Wurts… Ah ! quel nom, grand Roi, quel Hector que ce Wuits !

Elle peint au naturel et avec enjouement la société hollandaise d’alors[1], comme eût fait une Française détachée de Paris et qui aurait noté à livre ouvert les ridicules et les pesanteurs : « Hier, nous jouîmes des plaisanteries d’un jeune Amsterdammois. » Et les demoiselles nobles à marier, elle oublie qu’elle l’est et qu’elle n’aura que peu de dot ; elle s’égaie en attendant :

« Faites, je vous prie, mes compliments à cette freule. Ne trouverait-elle point, comme madame Ruisch, que, pendant un temps si pluvieux, où l’on ne sait que faire, il faudrait, pour s’amuser, se marier un peu ? »

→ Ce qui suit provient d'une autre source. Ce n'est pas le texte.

-- ===== src/Forward/Invariant.antt =====
-- What holds of the list of forwards between two operations.
use adb_termux_bridge.Base.{
  ℕ, suc, ◌+◌, ◌≤◌, ◌<◌, ◌≡◌, refl, sym, ap, subst, ◌≢◌, ◌⊎◌, inl, inr, Bool, ◌&&◌, none, some,
  List, [], ◌∷◌, map, arith, leb, ◌==◌, ==_refl, Bool-cases, Option-cases, All, length, take_all, ℤ,
  pos, negsuc, int_eq, int_eq_refl, Bytes, bytes_eq, bytes_eq_refl,
}
use adb_termux_bridge.Forward.{
  Forward, Socket, Registry, Calls, max_forwards, conflict, new_forward, open_forward, forward_add,
  find_forward, unlink, forward_remove, stop, forward_shutdown_all, empty, close_socket,
  bind_address, port_bits,
}
use adb_termux_bridge.Forward.Lists.{
  NotIn, Distinct, ids, listen_fds, socket_fds, Distinct-unlink, All-unlink, length-unlink,
  Distinct-unlink_fds, close-unlink, close_all-nil, listen_fds-stop, ids-stop,
}

abbrev Below : ℕ → Forward → Type 0
Below n f = (0 < f.id) × (f.id < n)

-- No other forward of the list listens on the same host and port.
abbrev Elsewhere : Bytes → ℤ → Forward → Type 0
Elsewhere host port f = f.port ≡ port → f.host ≢ host

abbrev Apart : List Forward → Type 0
Apart [] = Unit
Apart (f ∷ fs) = All (Elsewhere f.host f.port) fs × Apart fs

pub record IsValid (r : Registry) : Type 0 where
  pub next_pos : 0 < r.next_id
  pub ids_below : All (Below r.next_id) r.forwards
  pub ids_distinct : Distinct (ids r.forwards)
  pub few : length r.forwards ≤ max_forwards
  pub apart : Apart r.forwards
  pub fds_distinct : Distinct (listen_fds r.forwards)
  pub sockets_owned : socket_fds r.sockets ≡ listen_fds r.forwards

-- The empty list that the process starts with.
pub empty-IsValid : IsValid empty
empty-IsValid = record {
  next_pos = omega arith;
  ids_below = tt;
  ids_distinct = tt;
  few = omega arith;
  apart = tt;
  fds_distinct = tt;
  sockets_owned = refl;
}

conflict-none :
    (fs : List Forward) (unix_path host : Bytes) (port : ℤ)
    → conflict fs unix_path host port ≡ none
    → All (Elsewhere host port) fs
unfolding conflict
conflict-none [] unix_path host port h = tt
conflict-none (f ∷ fs) unix_path host port h = (
  ground (arith, int_eq_refl port, bytes_eq_refl host),
  conflict-none fs unix_path host port (ground arith),
)

Below-suc : (n : ℕ) (fs : List Forward) → All (Below n) fs → All (Below (n + 1)) fs
Below-suc n [] h = tt
Below-suc n (f ∷ fs) h = (omega arith, Below-suc n fs h.1)

NotIn-next : (n : ℕ) (fs : List Forward) → All (Below n) fs → NotIn n (ids fs)
NotIn-next n [] h = tt
NotIn-next n (f ∷ fs) h = (omega arith, NotIn-next n fs h.1)

-- The kernel gives a descriptor that is not open yet.
abbrev pub IsFresh : Calls → Registry → Type 0
IsFresh c r = (fd : ℕ) → c.socket ≡ some fd → NotIn fd (socket_fds r.sockets)

Apart-unlink : (id : ℕ) (fs : List Forward) → Apart fs → Apart (unlink id fs)
unfolding unlink
Apart-unlink id [] h = tt
Apart-unlink id (f ∷ fs) h = elim (Bool-cases (f.id == id)) [
  | inl e ↦ rw e h.1
  | inr e ↦ rw e (All-unlink (Elsewhere f.host f.port) id fs h.0, Apart-unlink id fs h.1)
]

Apart-stop : (fs : List Forward) → Apart fs → Apart (map stop fs)
unfolding stop
Apart-stop [] h = tt
Apart-stop (f ∷ fs) h = (All-stop f.host f.port fs h.0, Apart-stop fs h.1)
  where
    All-stop :
        (host : Bytes) (port : ℤ) (gs : List Forward)
        → All (Elsewhere host port) gs
        → All (Elsewhere host port) (map stop gs)
    All-stop host port [] k = tt
    All-stop host port (g ∷ gs) k = (k.0, All-stop host port gs k.1)

-- The registry after a successful call.
unfoldable pub added : Calls → ℕ → Bytes → Bytes → ℤ → Bool → Registry → Registry
added c fd unix_path host port secure r = record {
  forwards = new_forward r.next_id fd unix_path host port secure ∷ r.forwards;
  next_id = r.next_id + 1;
  sockets = record { fd = fd; addr = bind_address c host; port = port_bits port } ∷ r.sockets;
  threads = r.next_id ∷ r.threads;
}

pub record Added (c : Calls) (unix_path host : Bytes) (port : ℤ) (secure : Bool) (r : Registry)
    (o : Registry × ℤ) : Type 0 where
  pub fd : ℕ
  pub got_socket : c.socket ≡ some fd
  pub no_conflict : conflict r.forwards unix_path host port ≡ none
  pub room : length r.forwards < max_forwards
  pub result : o ≡ (added c fd unix_path host port secure r, pos r.next_id)

pub record Refused (r : Registry) (o : Registry × ℤ) : Type 0 where
  pub code : ℕ
  pub result : o ≡ (r, negsuc code)

conflict-negsuc :
    (fs : List Forward) (unix_path host : Bytes) (port : ℤ) (code : ℤ)
    → conflict fs unix_path host port ≡ some code
    → (k : ℕ) × (code ≡ negsuc k)
unfolding conflict
conflict-negsuc [] unix_path host port code h = cc
conflict-negsuc (f ∷ fs) unix_path host port code h =
    elim (Bool-cases (int_eq f.port port && bytes_eq f.host host)) [
      | inl a ↦ (0, ground arith)
      | inr a ↦ elim (Bool-cases (bytes_eq f.unix_path unix_path && int_eq f.port port)) [
        | inl b ↦ (1, ground arith)
        | inr b ↦ conflict-negsuc fs unix_path host port code (ground arith)
      ]
    ]

close-open : (s : Socket) (ss : List Socket) → close_socket s.fd (s ∷ ss) ≡ ss
unfolding close_socket
close-open s ss = rw (==_refl s.fd)

module _ (c : Calls) (unix_path host : Bytes) (port : ℤ) (secure : Bool) (r : Registry) where
  open_forward_cases :
      (fd : ℕ)
      → Refused r (open_forward c fd unix_path host port secure r)
        ⊎ (open_forward c fd unix_path host port secure r
            ≡ (added c fd unix_path host port secure r, pos r.next_id))
  unfolding open_forward added
  open_forward_cases fd =
      let s : Socket = record { fd = fd; addr = bind_address c host; port = port_bits port } in
      elim (Bool-cases (c.bind (bind_address c host) (port_bits port))) [
        | inr b ↦ inl (record { code = 4; result = ground (arith, close-open s r.sockets) })
        | inl b ↦ elim (Bool-cases c.listen) [
          | inr l ↦ inl (record { code = 5; result = ground (arith, close-open s r.sockets) })
          | inl l ↦ elim (Bool-cases c.calloc) [
            | inr a ↦ inl (record { code = 6; result = ground (arith, close-open s r.sockets) })
            | inl a ↦ inr (ground arith)
          ]
        ]
      ]

  pub forward_add_cases :
      Refused r (forward_add c unix_path host port secure r)
      ⊎ Added c unix_path host port secure r (forward_add c unix_path host port secure r)
  unfolding forward_add
  forward_add_cases = elim (Option-cases (conflict r.forwards unix_path host port)) [
    | inr (code, k) ↦
        let (n, e) = conflict-negsuc r.forwards unix_path host port code k in
        inl (record { code = n; result = ground arith })
    | inl k ↦ elim (Bool-cases (leb max_forwards (length r.forwards))) [
      | inl full ↦ inl (record { code = 2; result = ground arith })
      | inr room ↦ elim (Option-cases c.socket) [
        | inl none_left ↦ inl (record { code = 3; result = ground arith })
        | inr (fd, e) ↦ elim (open_forward_cases fd) [
          | inl f ↦ inl (record { code = f.code; result = ground (arith, f.result) })
          | inr done ↦ inr (record {
            fd = fd;
            got_socket = e;
            no_conflict = k;
            room = ground arith;
            result = ground arith;
          })
        ]
      ]
    ]
  ]

  added-IsValid :
      (fd : ℕ)
      → length host ≤ 63
      → NotIn fd (socket_fds r.sockets)
      → conflict r.forwards unix_path host port ≡ none
      → length r.forwards < max_forwards
      → IsValid r
      → IsValid (added c fd unix_path host port secure r)
  unfolding added new_forward
  added-IsValid fd short fresh k room v = record {
    next_pos = omega arith;
    ids_below = ((v.next_pos, omega arith), Below-suc r.next_id r.forwards v.ids_below);
    ids_distinct = (NotIn-next r.next_id r.forwards v.ids_below, v.ids_distinct);
    few = omega (arith, room);
    apart = (
      subst (λ h. All (Elsewhere h port) r.forwards) (sym (take_all 63 host short))
          (conflict-none r.forwards unix_path host port k),
      v.apart,
    );
    fds_distinct = (rw v.sockets_owned at fresh, v.fds_distinct);
    sockets_owned = ap (◌∷◌ fd) v.sockets_owned;
  }

  -- Adding a forward keeps the list valid, whatever the system calls answer.
  pub forward_add-IsValid :
      length host ≤ 63
      → IsFresh c r
      → IsValid r
      → IsValid (forward_add c unix_path host port secure r).0
  forward_add-IsValid short fresh v = elim forward_add_cases [
    | inl f ↦ rw f.result v
    | inr a ↦
        rw a.result (added-IsValid a.fd short (fresh a.fd a.got_socket) a.no_conflict a.room v)
  ]

-- Removing a forward keeps the list valid.
pub forward_remove-IsValid : (id : ℕ) (r : Registry) → IsValid r → IsValid (forward_remove id r).0
unfolding forward_remove
forward_remove-IsValid id r v = elim (Option-cases (find_forward id r.forwards)) [
  | inl e ↦ rw (e, forward_remove) v
  | inr (f, e) ↦
      rw (e, forward_remove)
        (record {
          next_pos = v.next_pos;
          ids_below = All-unlink (Below r.next_id) id r.forwards v.ids_below;
          ids_distinct = Distinct-unlink id r.forwards v.ids_distinct;
          few = omega (arith, length-unlink id r.forwards, v.few);
          apart = Apart-unlink id r.forwards v.apart;
          fds_distinct = Distinct-unlink_fds id r.forwards v.fds_distinct;
          sockets_owned = close-unlink id r.forwards r.sockets f e v.fds_distinct v.sockets_owned;
        })
]

All-Below-stop : (n : ℕ) (fs : List Forward) → All (Below n) fs → All (Below n) (map stop fs)
unfolding stop
All-Below-stop n [] h = tt
All-Below-stop n (f ∷ fs) h = (h.0, All-Below-stop n fs h.1)

length-stop : (fs : List Forward) → length (map stop fs) ≡ length fs
length-stop [] = refl
length-stop (f ∷ fs) = ap suc (length-stop fs)

-- Shutting all forwards down keeps the list valid.
pub forward_shutdown_all-IsValid : (r : Registry) → IsValid r → IsValid (forward_shutdown_all r)
unfolding forward_shutdown_all
forward_shutdown_all-IsValid r v = record {
  next_pos = v.next_pos;
  ids_below = All-Below-stop r.next_id r.forwards v.ids_below;
  ids_distinct = rw (ids-stop r.forwards) v.ids_distinct;
  few = omega (arith, length-stop r.forwards, v.few);
  apart = Apart-stop r.forwards v.apart;
  fds_distinct = rw (listen_fds-stop r.forwards) tt;
  sockets_owned =
      rw (close_all-nil r.forwards r.sockets v.sockets_owned, listen_fds-stop r.forwards);
}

« Ce que vous dites du pouvoir de la dot et de l’inutilité de la parure, m’a fait rire, tout comme si je n’y avais point d’intérêt et comme si je n’avais rien de commun avec ces demoiselles qui perdent leurs peines et leur temps, sans s’attirer autre chose que de stériles douceurs. Ah ! laissez-nous ce plaisir, cette légère espérance pour consolation. Qui sait ? il y a des amants moins solides. »

« … Ah ! ma chère mère, n’y pensez plus. Regardez plutôt ma cousine (qui se mariait), son air, sa robe, ses pensées ; car je vous demanderai compte de tout cela. Il me semble qu’un volume entier de titres ne me ferait pas envier ce jour-ci ; il faut bien autre chose pour compenser ce qu’un engagement éternel a d’effrayant. Je souhaite que ma cousine sente cette autre chose, ou qu’elle ne sente point d’effroi. Je voudrais qu’elle fût bien gaie et qu’elle ne pleurât qu’un peu ; car elle pleurera ; cela est, dit-on, dans l’ordre. »

  1. D’alors, et, dans tout ce qui suit, je prie de remarquer que je n’entends parler avec madame de Charrière que du passé ; la société actuelle de La Haye est, m’assure-t-on, des plus désirables.